Kenta Fukasuku isn’t usually a name that brings happy thoughts to Asian film fans with his misbegotten sequel to Battle Royale and his cheesy (though admittedly somewhat entertaining) follow-up on the classic yo-yo girl action films of the 1980’s – Yo Yo Girl Cop. So one approaches his films with caution and a fast exit strategy – so both Goran and I were taken aback at how much we enjoyed this outing – we sat there just lapping up the lunacy on the screen. Mind you, this is total B genre film making – a women in peril film set out in the hinterlands of Japan – but there isn’t a wasted moment in the film as it grabs your B film sensibilities from the get go and never lets go.
Two young cuties are getting out of Tokyo for a while to regroup – Shiyori to recover from a broken heart and the seemingly airheaded Aiko to take a break from her many boyfriends. What could be better than a few days at one of Japan’s many hot springs to ease away the worries? Of course you may want to do a little more research the next time and not choose a hot spring where the entire village is full of limping men with really bad teeth who like to take an occasional leg from a nubile young woman as a sacrifice. See – they use to be loggers once upon a time and to stop their women folk from leaving when they went away to work they would cut off one of their legs in a ritualistic ceremony.

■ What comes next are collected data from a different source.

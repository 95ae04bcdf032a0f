-- ===== src/Authenticator.antt =====
-- src/authenticator.cpp. PAM's answers are a parameter; tickets are kept in files behind the
-- interface `PrivateFiles`. Messages below the audit level are left out.
pub mod Verdict
use voix.Base.{
  ℕ, Bool, true, false, not, ◌&&◌, ◌||◌, Option, none, some, List, [], ◌∷◌, ◌++◌, Text, codes, ◌==◌,
  nat_eq, list_eq, if◌then◌else◌,
}
use voix.Rule.{Rule, Options, no_options}
use voix.Identity.{Accounts, PasswdEntry, get_current_username}
use voix.Tickets.{PrivateFiles, k_persist_ttl, valid, record_ticket, clear_all_for_caller}
use voix.Audit.{
  Event, event, invalid_target, authentication_ok, authentication_failed, account_validation_failed,
  target_missing, pam_refused, caller_account_refused, target_account_refused, verified,
}

pub data CredentialMode : Type 0 where
  skip_trusted use_ticket reject_non_interactive require_interactive : CredentialMode

unfoldable pub select_credential_mode : Bool → Bool → Bool → Bool → Bool → CredentialMode
select_credential_mode nopass caller_is_root persist_rule ticket_valid non_interactive =
    if nopass || caller_is_root
    then skip_trusted
    else if persist_rule && ticket_valid
    then use_ticket
    else if non_interactive
    then reject_non_interactive
    else require_interactive

-- Whether each call of PAM succeeds: on the caller's handle, and on that for the target's account.
pub record Pam : Type 0 where
  pub start : Bool
  pub authenticate : Bool
  pub acct_mgmt : Bool
  pub target_start : Bool
  pub target_acct_mgmt : Bool
  pub establish_cred : Bool
  pub open_session : Bool

-- The messages of `last_error_`.
pub data AuthError : Type 0 where
  no_such_target : Text → AuthError
  prompt_forbidden pam_not_initialized bad_credentials caller_unusable target_not_initialized
        target_unusable no_credentials no_pam_session :
      AuthError

-- The authenticator's state, with the ticket files and the audit trail that it writes to.
pub record AuthState (S : Type 0) : Type 0 where
  pub handle : Bool  -- `pamh_` is not null
  pub last_error : Option AuthError
  pub tickets : S
  pub log : List Event

-- `rule ? rule->options : 0`
abbrev pub options_of : Option Rule → Options
options_of none = no_options
options_of (some rule) = rule.options

-- `validate_target_account`
unfoldable pub validate_target_account : Pam → Option AuthError
validate_target_account pam =
    if not pam.target_start
    then some target_not_initialized
    else if not pam.target_acct_mgmt
    then some target_unusable
    else none

abbrev needs_prompt : CredentialMode → Bool
needs_prompt mode = elim mode [ require_interactive ↦ true | _ ↦ false ]

abbrev is_rejected : CredentialMode → Bool
is_rejected mode = elim mode [ reject_non_interactive ↦ true | _ ↦ false ]

module _ {S : Type 0} (files : PrivateFiles S) (accounts : Accounts) (pam : Pam) (dir : Text)
    (now : ℕ) where
  -- `last_error_` and an audit record; the handle is closed.
  unfoldable pub refuse : AuthError → Event → AuthState S → Bool × AuthState S
  refuse error e a =
      (false, record a { handle = false; last_error = some error; log = a.log ++ e ∷ [] })

  -- After every check: the ticket of a credential that was verified just now.
  unfoldable pub finish : Bool → ℕ → Text → AuthState S → Bool × AuthState S
  finish mint target_uid user a = (
    true,
    record a {
      handle = true;
      tickets =
          if mint
          then (record_ticket files dir now accounts.getuid target_uid a.tickets).1
          else a.tickets;
      log = a.log ++ event authentication_ok verified user ∷ [];
    },
  )

  unfoldable pub check_target : Bool → ℕ → Text → AuthState S → Bool × AuthState S
  unfolding finish refuse
  check_target mint target_uid user a = elim (validate_target_account pam) [
    | some error ↦ refuse error (event account_validation_failed target_account_refused user) a
    | none ↦ finish mint target_uid user a
  ]

  -- From the choice of the mode on.
  unfoldable pub authenticate_by :
      CredentialMode → Bool → ℕ → Text → AuthState S → Bool × AuthState S
  unfolding check_target refuse
  authenticate_by mode persist_rule target_uid user a =
      if is_rejected mode
      then (false, record a { last_error = some prompt_forbidden })
      else if not pam.start
      then refuse pam_not_initialized (event authentication_failed pam_refused user) a
      else if needs_prompt mode && not pam.authenticate
      then refuse bad_credentials (event authentication_failed pam_refused user) a
      else if not pam.acct_mgmt
      then refuse caller_unusable (event authentication_failed caller_account_refused user) a
      else check_target (persist_rule && needs_prompt mode) target_uid user a

  abbrev pub mode_for : Bool → Options → ℕ → S → CredentialMode
  mode_for non_interactive options target_uid s =
      select_credential_mode options.nopass (get_current_username accounts == codes "root")
        options.persist
        (options.persist && valid files s dir now k_persist_ttl accounts.getuid target_uid)
        non_interactive

  -- `PamAuthenticator::authenticate`
  unfoldable pub authenticate : Bool → Option Rule → Text → AuthState S → Bool × AuthState S
  authenticate non_interactive rule target_user a = elim (accounts.passwd_by_name target_user) [
    | none ↦ (
      false,
      record a {
        last_error = some (no_such_target target_user);
        log = a.log ++ event invalid_target target_missing (get_current_username accounts) ∷ [];
      },
    )
    | some entry ↦
        authenticate_by (mode_for non_interactive (options_of rule) entry.uid a.tickets)
          (options_of rule).persist entry.uid (get_current_username accounts)
          (record a { last_error = none })
  ]

  -- `openSession`; without a handle there is nothing to open.
  unfoldable pub open_session : AuthState S → Bool × AuthState S
  open_session a =
      if not a.handle
      then (true, record a { last_error = none })
      else if not pam.establish_cred
      then (false, record a { last_error = some no_credentials })
      else if not pam.open_session
      then (false, record a { last_error = some no_pam_session })
      else (true, record a { last_error = none })

  -- `closeSession`, whatever PAM answers.
  unfoldable pub close_session : AuthState S → AuthState S
  close_session a = record a { handle = false }

  -- `clear_timestamp`
  unfoldable pub clear_timestamp : AuthState S → AuthState S
  clear_timestamp a = record a {
    tickets = clear_all_for_caller files dir accounts.getuid a.tickets;
  }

Got to keep your women one-legged and pregnant for a happy home. So when these two show up from Tokyo, the inn keeper eyes their limbs with delight and reminds them to clean their legs carefully. And if that isn’t enough there is also a psychotic one-eyed female walking around with an arsenal of ever larger sharp scissors repeating “snip snip snip” to the girls and eying up Aiko like a pork chop.
Shiyori hears a cell phone ringing in her closet and upon answering it a frantic male voice screams at her to leave the place before they take her leg and suddenly the lights go off and the chase is on. Fortunately, the men at birth all have one of their ankle ligaments cut to keep them from leaving the village and so they are a little slow afoot as Shiyori tries to elude them and their axes. Aiko has her own problems with the crazy woman chasing after her with her scissors dressed in a pink Lolita outfit and a cute bow in her hair – the duel between them - one with a giant – and I mean giant pair of scissors and Aiko with a power saw is classic. Little Aiko turns out to be as tough as steel. For those discerning fans that can enjoy an insane fun romp such as this, I would definitely keep it on your radar after it is released in December.